Within the listing below, show every line that contains the word "perform".
* * *
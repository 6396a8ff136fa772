-- ===== src/Worker/Outcome/Jobs.antt =====
-- What the outcomes of src/notify_queue/worker/delivery.py do to the table of jobs.
use notify_queue.Base.{
  ℕ, ◌+◌, ◌*◌, ◌^◌, ◌≡◌, refl, ap, ◌∙◌, Option, none, some, List, Text, arith, if◌then◌else◌, leb,
  if_both, inl, inr, Bool-cases,
}
use notify_queue.Schema.{Job, Database, DeadLetter, microseconds}
use notify_queue.Schema.Table.{keyed, update_rows}
use notify_queue.Settings.{Settings}
use notify_queue.Redis.{Redis}
use notify_queue.Statements.Worker.{mark_sent, schedule_retry, defer_to_next_window}
use notify_queue.Statements.Audit.{insert_if_marked, dead_letter_transaction, mark_dead_lettered}
use notify_queue.Effects.{Command, Program, pure}
use notify_queue.Effects.Run.{Moment, fine, World, run, perform}
use notify_queue.Effects.Fine.{next, run-call}
use notify_queue.Effects.Keeps.{Keeps, run-Keeps, Keeps-await, Keeps-then, Keeps-view}
use notify_queue.Webhooks.Isolation.{without_log, fire_webhook-Isolated}
use notify_queue.Webhooks.{fire_webhook}
use notify_queue.Dlq.{dead_letter, dead_lettered_text}
use notify_queue.Worker.Outcome.{
  announce, sent_text, failed_text, retry_delay, retry_later, handle_success, handle_failure,
  release_if_deferred, defer_job,
}
use notify_queue.Lifecycle.Outcomes.{
  is_held_by, delivered_at, retry_due, postponed, is_of, given_up,
}

abbrev pub jobs_of : {Q L C : Type 0} → World Q L C → List Job
jobs_of w = w.database.jobs

module _ {Q L C : Type 0} (redis : Redis Q L C) where
  abbrev KeepsJobs : {A : Type 0} → Program A → Type 0
  KeepsJobs = Keeps redis jobs_of

  fire_webhook-KeepsJobs :
      (i : ℕ) (url : Option Text) (status : Text) (n : ℕ) → KeepsJobs (fire_webhook i url status n)
  fire_webhook-KeepsJobs i url status n =
      Keeps-view redis without_log (λ w. w.database.jobs) _
        (fire_webhook-Isolated redis i url status n)

  announce-KeepsJobs :
      (job : Job) (status : Text) (settings : Settings) (o : Option Job)
      → KeepsJobs (announce job status settings o)
  unfolding announce perform
  announce-KeepsJobs job status settings none = tt
  announce-KeepsJobs job status settings (some j) =
      Keeps-then redis jobs_of (Command.delete_lock job.id) _ (λ m w. refl)
        λ _. fire_webhook-KeepsJobs job.id job.callback_url status settings.webhook_max_attempts

  -- A delivery that went well marks exactly the claimed row as sent, if the worker still owns it.
  pub handle_success-jobs :
      (job : Job) (settings : Settings) (s : ℕ → Moment) (w : World Q L C)
      → (s 0).fault ≡ fine
      → jobs_of (run redis s (handle_success job settings) w).1
        ≡ update_rows (keyed job.id (is_held_by job.worker_id)) (delivered_at (s 0).now) (jobs_of w)
  unfolding handle_success perform mark_sent
  handle_success-jobs job settings s w h =
      ap (λ r. jobs_of r.1) (run-call redis s (Command.mark_sent job.id job.worker_id) _ w h)
      ∙ run-Keeps redis jobs_of _ (announce-KeepsJobs job sent_text settings _) (next s) _

  insert_if_marked-jobs :
      (o : Option Job) (row : DeadLetter) (db : Database)
      → (insert_if_marked o row db).1.jobs ≡ db.jobs
  unfolding insert_if_marked
  insert_if_marked-jobs none row db = refl
  insert_if_marked-jobs (some j) row db = refl

  dead_letter_transaction-jobs :
      (error : Text) (job : Job) (attempt : ℕ) (e : Option ℕ) (now : ℕ) (db : Database)
      → (dead_letter_transaction error job attempt e now db).1.jobs
        ≡ update_rows (keyed job.id (is_of e)) (given_up error attempt now) db.jobs
  unfolding dead_letter_transaction mark_dead_lettered
  dead_letter_transaction-jobs error job attempt e now db =
      insert_if_marked-jobs _ _ (mark_dead_lettered error job.id attempt e now db).1

  -- Behind the transaction only the lock and the webhook are left.
  pub dead_letter-jobs :
      (job : Job) (error : Text) (attempt : ℕ) (settings : Settings) (e : Option ℕ) (s : ℕ → Moment)
      (w : World Q L C)
      → (s 0).fault ≡ fine
      → jobs_of (run redis s (dead_letter job error attempt settings e) w).1
        ≡ update_rows (keyed job.id (is_of e)) (given_up error attempt (s 0).now) (jobs_of w)
  unfolding dead_letter perform
  dead_letter-jobs job error attempt settings e s w h =
      ap (λ r. jobs_of r.1)
        (run-call redis s (Command.dead_letter_transaction error job attempt e) _ w h)
      ∙ run-Keeps redis jobs_of _
          (if_both KeepsJobs (dead_letter_transaction error job attempt e (s 0).now w.database).0 _
            (pure tt)
            (λ _.
              Keeps-then redis jobs_of (Command.delete_lock job.id) _ (λ m w. refl)
                λ _.
                  fire_webhook-KeepsJobs job.id job.callback_url dead_lettered_text
                    settings.webhook_max_attempts)
            (λ _. tt))
          (next s) _
      ∙ dead_letter_transaction-jobs error job attempt e (s 0).now w.database

  retry_later-jobs :
      (job : Job) (error : Text) (settings : Settings) (attempt : ℕ) (s : ℕ → Moment)
      (w : World Q L C)
      → (s 0).fault ≡ fine
      → (s 1).fault ≡ fine
      → jobs_of (run redis s (retry_later job error settings attempt) w).1
        ≡ update_rows
            (keyed job.id (is_held_by job.worker_id))
            (retry_due attempt ((s 0).now + retry_delay settings attempt) error (s 1).now)
            (jobs_of w)
  unfolding retry_later perform schedule_retry
  retry_later-jobs job error settings attempt s w h h' =
      ap (λ r. jobs_of r.1) (run-call redis s Command.read_clock _ w h)
      ∙ ap (λ r. jobs_of r.1)
          (run-call redis (next s)
            (Command.schedule_retry attempt ((s 0).now + retry_delay settings attempt) error job.id
              job.worker_id)
            _ w h')
      ∙ run-Keeps redis jobs_of _ (announce-KeepsJobs job failed_text settings _) (next (next s)) _

  -- A delivery that failed, whose first two commands do not fail: with attempts left, the row that is
  -- claimed in the worker's name goes back to pending with one attempt more, in no worker's hands, and due
  -- base * 2 ^ (attempts so far) later; with none left, the row that names the worker that was fetched is
  -- dead-lettered with the error and the time. No other row changes.
  pub handle_failure-jobs :
      (job : Job) (error : Text) (settings : Settings) (s : ℕ → Moment) (w : World Q L C)
      → (s 0).fault ≡ fine
      → (s 1).fault ≡ fine
      → jobs_of (run redis s (handle_failure job error settings) w).1 ≡ (
          if leb job.max_attempts (job.attempt_count + 1)
          then update_rows
              (keyed job.id (is_of job.worker_id))
              (given_up error (job.attempt_count + 1) (s 0).now)
              (jobs_of w)
          else update_rows
              (keyed job.id (is_held_by job.worker_id))
              (retry_due
                (job.attempt_count + 1)
                ((s 0).now + settings.base_retry_delay * 2 ^ job.attempt_count)
                error
                (s 1).now)
              (jobs_of w))
  unfolding handle_failure
  handle_failure-jobs job error settings s w h h' =
      elim (Bool-cases (leb job.max_attempts (job.attempt_count + 1))) [
        | inl last ↦
            rw last
              (dead_letter-jobs job error (job.attempt_count + 1) settings job.worker_id s w h)
        | inr more ↦ rw more (
            retry_later-jobs job error settings (job.attempt_count + 1) s w h h'
            ∙ ap
                (λ n.
                  update_rows (keyed job.id (is_held_by job.worker_id))
                    (retry_due (job.attempt_count + 1)
                      ((s 0).now + settings.base_retry_delay * 2 ^ n) error (s 1).now)
                    (jobs_of w))
                (omega arith))
      ]

  release_if_deferred-KeepsJobs :
      (job : Job) (o : Option Job) → KeepsJobs (release_if_deferred job o)
  unfolding release_if_deferred perform
  release_if_deferred-KeepsJobs job none = tt
  release_if_deferred-KeepsJobs job (some j) =
      Keeps-await redis jobs_of (Command.delete_lock job.id) (λ m w. refl)

  -- A rate-limited job goes back to pending with its attempts unchanged, for `retry_after` seconds on.
  pub defer_job-jobs :
      (job : Job) (retry_after : ℕ) (s : ℕ → Moment) (w : World Q L C)
      → (s 0).fault ≡ fine
      → (s 1).fault ≡ fine
      → jobs_of (run redis s (defer_job job retry_after) w).1
        ≡ update_rows
            (keyed job.id (is_held_by job.worker_id))
            (postponed ((s 0).now + microseconds retry_after) (s 1).now)
            (jobs_of w)
  unfolding defer_job perform defer_to_next_window
  defer_job-jobs job retry_after s w h h' =
      ap (λ r. jobs_of r.1) (run-call redis s Command.read_clock _ w h)
      ∙ ap (λ r. jobs_of r.1)
          (run-call redis (next s)
            (Command.defer_to_next_window ((s 0).now + microseconds retry_after) job.id
              job.worker_id)
            _ w h')
      ∙ run-Keeps redis jobs_of _ (release_if_deferred-KeepsJobs job _) (next (next s)) _
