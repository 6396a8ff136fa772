-- ===== src/Scheduler/Recover/Rows.antt =====
-- What becomes of one recovered job while the loop of `recover_stale_claimed_jobs` goes through its
-- rows.
use notify_queue.Base.{
  codes, ℕ, ◌≡◌, refl, sym, subst, ap, ◌∙◌, inl, inr, Bool, ◌||◌, true, false, none, some, List, [],
  ◌∷◌, arith, ◌==◌, ==_iff, leb, if_both, Bool-cases, All, any,
}
use mathlib.Core.Bool.{false≢true}
use notify_queue.Schema.{Job}
use notify_queue.Schema.Table.{find_job, find_job-id, keyed, update_rows, find_job-update_rows}
use notify_queue.Settings.{Settings}
use notify_queue.Redis.{Redis}
use notify_queue.Statements.Audit.{is_expected, dead_job}
use notify_queue.Statements.Scheduler.{worker_died}
use notify_queue.Effects.{Command, Program}
use notify_queue.Effects.Run.{World, perform}
use notify_queue.Effects.Clean.{From, From-pure, From-call, From-bind, Returns-From}
use notify_queue.Dlq.Returns.{dead_letter-Returns}
use notify_queue.Dlq.{dead_letter}
use notify_queue.Worker.Outcome.Jobs.{jobs_of, dead_letter-jobs}
use notify_queue.Scheduler.{recover_rows}
use notify_queue.Lifecycle.Outcomes.{given_up}

or_true : (a : Bool) → (a || true) ≡ true
or_true a = ground arith

or_false : (a : Bool) → (a || false) ≡ a
or_false a = ground arith

or_assoc : (a b c : Bool) → ((a || b) || c) ≡ (a || (b || c))
or_assoc a b c = ground arith

module _ {Q L C : Type 0} (redis : Redis Q L C) (settings : Settings) where
  -- The table after one dead-lettering.
  abbrev AfterDeath : Job → World Q L C → World Q L C → Type 0
  AfterDeath job w v =
      (now : ℕ) × (jobs_of v
        ≡ update_rows (keyed job.id (is_expected none)) (dead_job worker_died job.attempt_count now)
            (jobs_of w))

  dead_letter-AfterDeath :
      (job : Job) (w : World Q L C)
      → From redis w
          (dead_letter job worker_died job.attempt_count settings none)
          (λ _. AfterDeath job w)
  dead_letter-AfterDeath job w =
      Returns-From redis (AfterDeath job w) w _
        (dead_letter-Returns redis settings job worker_died job.attempt_count none w)
        (λ s h. (
          (s 0).now,
          dead_letter-jobs redis job worker_died job.attempt_count settings none s w (h.0 0),
        ))

  module _ (r : Job) (free : r.worker_id ≡ none) where
    -- The row `r` of a recovered job, or what became of it.
    abbrev pub Dead : World Q L C → Type 0
    Dead w =
        (now : ℕ) × (find_job r.id (jobs_of w)
          ≡ some (
              given_up (codes "worker died mid-processing (heartbeat timeout)") r.attempt_count now
                r))

    abbrev pub Live : World Q L C → Type 0
    Live w = find_job r.id (jobs_of w) ≡ some r

    other :
        (b : Job) (now : ℕ) (js : List Job) {x : Job}
        → (b.id == r.id) ≡ false
        → find_job r.id js ≡ some x
        → find_job r.id (
            update_rows
              (keyed b.id (is_expected none))
              (dead_job worker_died b.attempt_count now)
              js)
          ≡ some x
    other b now js {x} differs found =
        find_job-update_rows (keyed b.id (is_expected none)) _ (λ _. refl) r.id js
        ∙ rw found (ground (arith, find_job-id r.id js found))

    this :
        (now : ℕ) (js : List Job) {x : Job}
        → x.worker_id ≡ none
        → find_job r.id js ≡ some x
        → find_job r.id (
            update_rows
              (keyed r.id (is_expected none))
              (dead_job worker_died r.attempt_count now)
              js)
          ≡ some (dead_job worker_died r.attempt_count now x)
    this now js {x} unowned found =
        find_job-update_rows (keyed r.id (is_expected none)) _ (λ _. refl) r.id js
        ∙ rw found (ground (arith, find_job-id r.id js found))

    -- Has the loop come to the job yet?
    abbrev pub Fate : Bool → World Q L C → Type 0
    Fate false w = Live w
    Fate true w = Dead w

    -- The rows of the job are `r`.
    abbrev Same : List Job → Type 0
    Same = All (λ b. b.id ≡ r.id → b ≡ r)

    other-Fate :
        (met : Bool) (b : Job) (w v : World Q L C)
        → (b.id == r.id) ≡ false
        → Fate met w
        → AfterDeath b w v
        → Fate met v
    other-Fate false b w v differs live (now, e) =
        ap (find_job r.id) e ∙ other b now (jobs_of w) differs live
    other-Fate true b w v differs (then, dead) (now, e) =
        (then, ap (find_job r.id) e ∙ other b now (jobs_of w) differs dead)

    this-Dead : (met : Bool) (w v : World Q L C) → Fate met w → AfterDeath r w v → Dead v
    this-Dead false w v live (now, e) = (now, ap (find_job r.id) e ∙ this now (jobs_of w) free live)
    this-Dead true w v (then, dead) (now, e) =
        (now, ap (find_job r.id) e ∙ this now (jobs_of w) refl dead)

    step-Fate :
        (met : Bool) (b : Job) (w v : World Q L C)
        → (b.id ≡ r.id → b ≡ r)
        → Fate met w
        → AfterDeath b w v
        → Fate (met || b.id == r.id) v
    step-Fate met b w v same fate death = elim (Bool-cases (b.id == r.id)) [
      | inl e ↦
          subst (λ m. Fate m v) (sym (ap (λ c. met || c) e ∙ or_true met))
            (this-Dead met w v fate
              (subst (λ x. AfterDeath x w v) (same ((==_iff b.id r.id).0 e)) death))
      | inr e ↦
          subst (λ m. Fate m v) (sym (ap (λ c. met || c) e ∙ or_false met))
            (other-Fate met b w v e fate death)
    ]

    abbrev unlocked : World Q L C → ℕ → World Q L C
    unlocked w i = record w { locks = redis.delete i w.locks }

    moved : (met : Bool) (w : World Q L C) (i : ℕ) → Fate met w → Fate met (unlocked w i)
    moved false w i fate = fate
    moved true w i fate = fate

    spared :
        (b : Job)
        → (b.id ≡ r.id → b ≡ r)
        → leb r.max_attempts r.attempt_count ≡ true
        → leb b.max_attempts b.attempt_count ≡ false
        → (b.id == r.id) ≡ false
    spared b same last more = elim (Bool-cases (b.id == r.id)) [
      | inl e ↦ absurd (clash (same ((==_iff b.id r.id).0 e)))
      | inr e ↦ e
    ]
      where
        clash : b ≡ r → ⊥
        clash e = false≢true (sym more ∙ ap (λ x. leb x.max_attempts x.attempt_count) e ∙ last)

    pub recover_rows-Fate :
        (rows : List Job) (met : Bool) (w : World Q L C)
        → leb r.max_attempts r.attempt_count ≡ true
        → Same rows
        → Fate met w
        → From redis w
            (recover_rows settings rows)
            (λ _. Fate (met || any (λ b. b.id == r.id) rows))
    unfolding recover_rows perform any
    recover_rows-Fate [] met w last same fate =
        From-pure redis _ w tt (subst (λ m. Fate m w) (sym (or_false met)) fate)
    recover_rows-Fate (b ∷ rows) met w last same fate =
        From-call redis (λ _. Ends) w (Command.delete_lock b.id) _
          (λ m _.
            if_both (λ (p : Program Unit). From redis (unlocked w b.id) p (λ _. Ends))
              (leb b.max_attempts b.attempt_count) _ _
              (λ _.
                From-bind redis (λ _. AfterDeath b w) (λ _. Ends) (unlocked w b.id) _ _
                  (dead_letter-AfterDeath b (unlocked w b.id))
                  (λ _ v death.
                    subst (λ k. From redis v (recover_rows settings rows) (λ _. Fate k))
                      (or_assoc met (b.id == r.id) (any (λ b. b.id == r.id) rows))
                      (recover_rows-Fate rows (met || b.id == r.id) v last same.1
                        (step-Fate met b w v same.0 fate death))))
              (λ more.
                let differs = spared b same.0 last more in
                subst
                  (λ k.
                    From redis (unlocked w b.id) (recover_rows settings rows)
                      (λ _. Fate (met || k)))
                  (sym (ap (λ k. k || any (λ b. b.id == r.id) rows) differs))
                  (recover_rows-Fate rows met (unlocked w b.id) last same.1
                    (moved met w b.id fate))))
      where
        Ends : World Q L C → Type 0
        Ends = Fate (met || any (λ b. b.id == r.id) (b ∷ rows))

    pub recover_rows-Live :
        (rows : List Job) (w : World Q L C)
        → leb r.max_attempts r.attempt_count ≡ false
        → Same rows
        → Live w
        → From redis w (recover_rows settings rows) (λ _. Live)
    unfolding recover_rows perform
    recover_rows-Live [] w more same live = From-pure redis (λ _. Live) w tt live
    recover_rows-Live (b ∷ rows) w more same live =
        From-call redis (λ _. Live) w (Command.delete_lock b.id) _
          (λ m _.
            if_both (λ (p : Program Unit). From redis (unlocked w b.id) p (λ _. Live))
              (leb b.max_attempts b.attempt_count) _ _
              (λ last.
                From-bind redis (λ _. AfterDeath b w) (λ _. Live) (unlocked w b.id) _ _
                  (dead_letter-AfterDeath b (unlocked w b.id))
                  (λ _ v death.
                    recover_rows-Live rows v more same.1
                      (other-Fate false b w v (differs last) live death)))
              (λ _. recover_rows-Live rows (unlocked w b.id) more same.1 live))
      where
        differs : leb b.max_attempts b.attempt_count ≡ true → (b.id == r.id) ≡ false
        differs last = elim (Bool-cases (b.id == r.id)) [
          | inl e ↦ absurd (clash last (same.0 ((==_iff b.id r.id).0 e)))
          | inr e ↦ e
        ]
          where
            clash : leb b.max_attempts b.attempt_count ≡ true → b ≡ r → ⊥
            clash last e =
                false≢true (sym more ∙ ap (λ x. leb x.max_attempts x.attempt_count) (sym e) ∙ last)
* * *
* Response to this exercise
use notify_queue.Effects.Run.{Moment, fine, World, run, perform}
  unfolding announce perform
  unfolding handle_success perform mark_sent
  unfolding dead_letter perform
  unfolding retry_later perform schedule_retry
  unfolding release_if_deferred perform
  unfolding defer_job perform defer_to_next_window
use notify_queue.Effects.Run.{World, perform}
    unfolding recover_rows perform any
    unfolding recover_rows perform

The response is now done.